Патрик Мелроуз. Книга 2 (Сент-Обин) - страница 35

– Вы должны знать, – сказала она, – мне очень грустно… что… я не могу говорить…

Мама положила ладонь ей на колено.

– Это, должно быть, ужасно, – сказал папа.

– Да, – кивнула бабушка, уставившись на бесконечно далекий пол.

Роберт не знал, что делать. Папа ненавидел родную мать. Роберт не мог разделить отцовское чувство, но и упрекнуть его не мог. Да, бабушка нехорошо с ними поступила, но ведь она так ужасно страдает! Оставалось лишь вернуться, хотя бы мысленно, в прошлое, еще не омраченное папиным недовольством. В те безоблачные дни Роберту можно было просто любить бабушку – он не знал точно, действительно ли такие дни когда-то были в его жизни, но теперь их точно не было. И все-таки нельзя всей семьей набрасываться на перепуганную старушку, пусть та и решила подарить дом Шеймусу.

Он спрыгнул с кровати, присел на подлокотник бабушкиного кресла и взял ее за руку, как раньше, когда она только заболела. Так она могла все рассказать без лишних слов: ее мысли просто наводняли его голову картинками и образами.
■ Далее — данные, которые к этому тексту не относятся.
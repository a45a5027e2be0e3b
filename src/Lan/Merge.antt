-- ===== src/Lan/Merge.antt =====
-- crates/cled-lan/src/peers.rs: `merge`, which takes in the roster of a paired device.
pub mod Standing
pub mod Valid
pub mod Steps
pub mod Refines
pub mod Order
pub mod Removal
pub mod Conflict
pub mod Expelled
pub mod Settled
use cled.Common.{
  Bool, List, Option, [], any, false, if◌then◌else◌, is_some, leb, ltb, nat_eq, none, not, retain,
  some, take, true, update_first, ℕ, ◌&&◌, ◌++◌, ◌==◌, ◌||◌, ◌∷◌,
}
use cled.Sync.Item.{DeviceId}
use cled.Lan.Error.{Result, ok}
use cled.Lan.Wire.{RosterPeer, RosterRemoval, Roster}
use cled.Lan.Peers.{
  Peer, Removed, RosterChange, is_empty, PeerStore, max_roster_entries, is_peer, is_removed, get,
  save, save_then, expel, remember_removal, removal, from_roster, or_else,
}

-- The variables of `merge` while it runs.
pub record Progress : Type 0 where
  pub store : PeerStore
  pub added : List DeviceId
  pub removed : List DeviceId
  pub removals_learned : Bool
  pub dirty : Bool

unfoldable pub about_others : DeviceId → DeviceId → DeviceId → Bool
about_others me sender id = not (id == me) && not (id == sender)

-- `from_roster(..).filter(about_others)`.
unfoldable pub candidate : DeviceId → DeviceId → RosterPeer → Option Peer
candidate me sender r = elim (from_roster r) [
  | none ↦ none
  | some peer ↦ if about_others me sender peer.device_id then some peer else none
]

abbrev pub removed_since : Peer → Removed → Bool
removed_since peer r = is_removed peer.device_id r && leb peer.paired_at_ms r.removed_at_ms

abbrev rekeys : Peer → Peer → Bool
rekeys known peer =
    not (known.public_key == peer.public_key) && ltb known.paired_at_ms peer.paired_at_ms

abbrev locates : Peer → Peer → Bool
locates known peer = not (is_some known.last_address) && is_some peer.last_address

-- The changes of a known peer: a newer key, and an address where it had none.
unfoldable pub refresh : Peer → Peer → Peer
refresh peer known =
    let rekeyed : Peer =
      if rekeys known peer
      then record known { public_key = peer.public_key; paired_at_ms = peer.paired_at_ms }
      else known in
    if locates known peer then record rekeyed { last_address = peer.last_address } else rekeyed

-- The body of the loop over the members, for an entry about another device.
unfoldable pub member_step : Progress → Peer → Progress
member_step m peer =
    if any (removed_since peer) m.store.removed then m else elim (get m.store peer.device_id) [
      | some known ↦ record m {
        store = record (m.store) {
          peers = update_first (is_peer peer.device_id) (refresh peer) m.store.peers;
        };
        added = if rekeys known peer then m.added ++ peer.device_id ∷ [] else m.added;
        dirty = m.dirty || locates known peer;
      }
      | none ↦ record m {
        store = record (m.store) {
          peers = m.store.peers ++ peer ∷ [];
          removed = retain (λ r. not (is_removed peer.device_id r)) m.store.removed;
        };
        added = m.added ++ peer.device_id ∷ [];
      }
    ]

-- The body of the loop over the removals, for an entry about another device.
unfoldable pub removal_step : Progress → Peer → ℕ → Progress
removal_step m peer at = elim (get m.store peer.device_id) [
  | some known ↦
      if leb known.paired_at_ms at
      then record m { store = expel m.store known at; removed = m.removed ++ peer.device_id ∷ [] }
      else m
  | none ↦
      if any (λ r. is_removed peer.device_id r && leb at r.removed_at_ms) m.store.removed
      then m
      else record m { store = remember_removal m.store (removal peer at); removals_learned = true }
]

module _ (me sender : DeviceId) where
  unfoldable pub merge_members : Progress → List RosterPeer → Progress
  merge_members m [] = m
  merge_members m (r ∷ rs) =
      merge_members (elim (candidate me sender r) [ none ↦ m | some peer ↦ member_step m peer ]) rs

  unfoldable pub merge_removals : Progress → List RosterRemoval → Progress
  merge_removals m [] = m
  merge_removals m (r ∷ rs) =
      merge_removals
        (elim (candidate me sender r.peer) [
          | none ↦ m
          | some peer ↦ removal_step m peer r.removed_at_ms
        ])
        rs

  -- Both loops, over the entries that count.
  unfoldable pub merged : PeerStore → Roster → Progress
  merged s roster =
      merge_removals
        (merge_members
          (record { store = s; added = []; removed = []; removals_learned = false; dirty = false })
          (take max_roster_entries roster.members))
        (take max_roster_entries roster.removed)

  abbrev pub change_of : Progress → RosterChange
  change_of m = record {
    added = m.added;
    removed = m.removed;
    removals_learned = m.removals_learned;
  }

  unfoldable pub merge : PeerStore → Roster → Bool → PeerStore × Result RosterChange
  merge s roster disk =
      let m = merged s roster in
      let change = change_of m in
      if m.dirty || not (is_empty change)
      then save_then (save m.store disk) change
      else (m.store, ok change)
Увы, мосты были сожжены и сломаны, и все, что бабушка хотела сказать, так и застыло – не обретая формы, не двигаясь – на другом берегу глубокого рва. Она чувствовала постоянное давление, какой-то зуд за глазными яблоками – словно там, просясь в дом, скулила и скреблась собака, – полноту, которую теперь можно было излить лишь слезами, вздохами и резкими, неловкими жестами.
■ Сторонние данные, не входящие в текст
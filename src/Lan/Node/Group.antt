-- ===== src/Lan/Node/Group.antt =====
-- The group of crates/cled-lan/src/node.rs: rosters, removals, and being removed. Encoding a message
-- is a parameter.
use cled.Common.{Bool, List, Option, [], if◌then◌else◌, map, nat_eq, none, some, ℕ, ◌++◌, ◌∷◌}
use cled.Common.Map
use cled.Sync.Item.{DeviceId}
use cled.Lan.Error.{Result, ok, err}
use cled.Lan.Wire.{Message, roster, bye, unpaired, encode, Roster}
use cled.Lan.Peers.{Peer, PeerStore, is_empty, RosterChange}
use cled.Lan.Peers
use cled.Lan.Merge.{merge}
use cled.Lan.Node.{
  Outgoing, Node, Conn, peers_changed, removed_by, emit, send, message, last, close, send_to_all,
}

-- The backoff is forgotten and a task that dials is spawned.
unfoldable pub trigger_dial : Node → DeviceId → Node
trigger_dial n peer = record n {
  backoff = Map.remove n.backoff peer;
  spawned = n.spawned ++ peer ∷ [];
}

-- The session with an old key ends.
abbrev pub hang_up : Node → DeviceId → Option Conn → Node
hang_up n id none = n
hang_up n id (some conn) = send (record n { conns = Map.remove n.conns id }) conn close

-- A new key: the session with the old one must not continue, and the device is dialed again.
unfoldable pub redial : Node → DeviceId → Node
redial n id = trigger_dial (hang_up n id (Map.get n.conns id)) id

unfoldable pub redial_all : Node → List DeviceId → Node
redial_all n [] = n
redial_all n (id ∷ ids) = redial_all (redial n id) ids

abbrev close_all : List (DeviceId × Conn) → List (ℕ × Outgoing)
close_all conns = map (λ c. (c.1.id, close)) conns

-- `leave_group`, with whether the save reaches the disk.
unfoldable pub leave_group : Node → DeviceId → Bool → Node
leave_group n by disk = elim (Peers.get n.peers by) [
  | none ↦ n
  | some p ↦
      emit
        (record n {
          peers = (Peers.clear n.peers disk).0;
          conns = [];
          sent = n.sent ++ close_all n.conns;
          backoff = [];
        })
        (removed_by by p.name)
]

abbrev pub send_some : Node → Option (List ℕ) → Node
send_some n none = n
send_some n (some bytes) = send_to_all n bytes

-- The last message on the connection of a removed device, if it is connected.
abbrev pub tell : Node → Option Conn → Result (List ℕ) → Node
tell n none notice = n
tell n (some conn) (err e) = n
tell n (some conn) (ok bytes) = send n conn (last bytes)

module _ (to_stdvec : Message → Result (List ℕ)) where
  -- `roster_message`: nothing when the list cannot be encoded.
  unfoldable pub roster_message : Node → Option (List ℕ)
  roster_message n = elim (encode to_stdvec (roster (Peers.roster n.peers))) [
    | err e ↦ none
    | ok bytes ↦ some bytes
  ]

  unfoldable pub send_roster_to_all : Node → Node
  send_roster_to_all n = send_some n (roster_message n)

  unfoldable pub send_roster_to : Node → DeviceId → Node
  send_roster_to n peer = elim (roster_message n) [
    | none ↦ n
    | some bytes ↦ elim (Map.get n.conns peer) [
      | none ↦ n
      | some conn ↦ send n conn (message bytes)
    ]
  ]

  -- The connection is gone whether or not the notice can be encoded.
  unfoldable pub disconnect_removed : Node → DeviceId → Node
  disconnect_removed n id =
      let told = tell n (Map.get n.conns id) (encode to_stdvec (bye unpaired)) in
      record told { conns = Map.remove told.conns id; backoff = Map.remove told.backoff id }

  unfoldable pub disconnect_all : Node → List DeviceId → Node
  disconnect_all n [] = n
  disconnect_all n (id ∷ ids) = disconnect_all (disconnect_removed n id) ids

  -- `remove_peer`, at a time of the clock, with whether the save reaches the disk.
  unfoldable pub remove_peer : Node → DeviceId → ℕ → Bool → Node × Result (Unit {0})
  remove_peer n id now_ms disk =
      let gone = disconnect_removed n id in
      let (peers, removed) = Peers.remove gone.peers id now_ms disk in
      let n' : Node = record gone { peers = peers } in
      elim removed [
        | err e ↦ (n', err e)
        | ok p ↦ (emit (send_roster_to_all n') peers_changed, ok tt)
      ]

  -- `apply_roster` once the merge is saved.
  unfoldable pub follow : Node → RosterChange → Node
  follow n change =
      if is_empty change
      then n
      else emit (send_roster_to_all (redial_all (disconnect_all n change.removed) change.added))
          peers_changed

  unfoldable pub apply_roster : Node → DeviceId → Roster → Bool → Node
  apply_roster n from news disk =
      let (peers, merged) = merge n.device_id from n.peers news disk in
      let n' : Node = record n { peers = peers } in
      elim merged [ err e ↦ n' | ok change ↦ follow n' change ]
Под кровоподтеком чувств оставалась еще жестокая жажда жизни – словно у раздавленной змеи, извивающейся на асфальте, или свежего кровоточащего пня, которому слепые корни продолжают подавать сок.

За что ей эта пытка? Ее зашили в мешок, сковали ноги цепями, бросили на дно лодки и повезли в открытое море – вдобавок ее дразнили гребцы. Видимо, она чем-то провинилась, совершила какой-то очень дурной поступок. Поступок, который она теперь не могла вспомнить, как ни старалась.

Роберт попытался вырваться. Это было невыносимо. Он не бросил ее руку, просто хотел перекрыть поток, но полностью разорвать связь не получилось.

Он заметил, что бабушка плачет и стискивает его руку.

– Я… нет, – попыталась произнести она, но не смогла.

Тщательно нанизанная на леску мысль порвалась и рассыпалась по полу. Собрать ее заново было невозможно. Казалось, глаза и рот постоянно залепляет какой-то мутью – словно ей на голову надели грязный целлофановый пакет. Она хотела его сорвать, но руки были связаны за спиной.

– Я… – попыталась она вновь. – Храбрая… Да…

Вечернее солнце опускалось за горизонт с другой стороны здания, и в комнате стремительно темнело. Все присутствующие потеряли дар речи, кроме Томаса, – тому пока нечего было терять. Лежа в объятьях бабушки, он спокойно и осмысленно смотрел на нее, подавая пример остальным членам семьи и возвращая гармонию окружающему пространству. Так они сидели почти безмятежно в тускнеющем свете, полные сочувствия и немного – скуки. Бабушка погрузилась в более тихие страдания – точно в глубокое продавленное кресло – и наблюдала за пыльной бурей, покрывающей мир сплошной серой пеленой.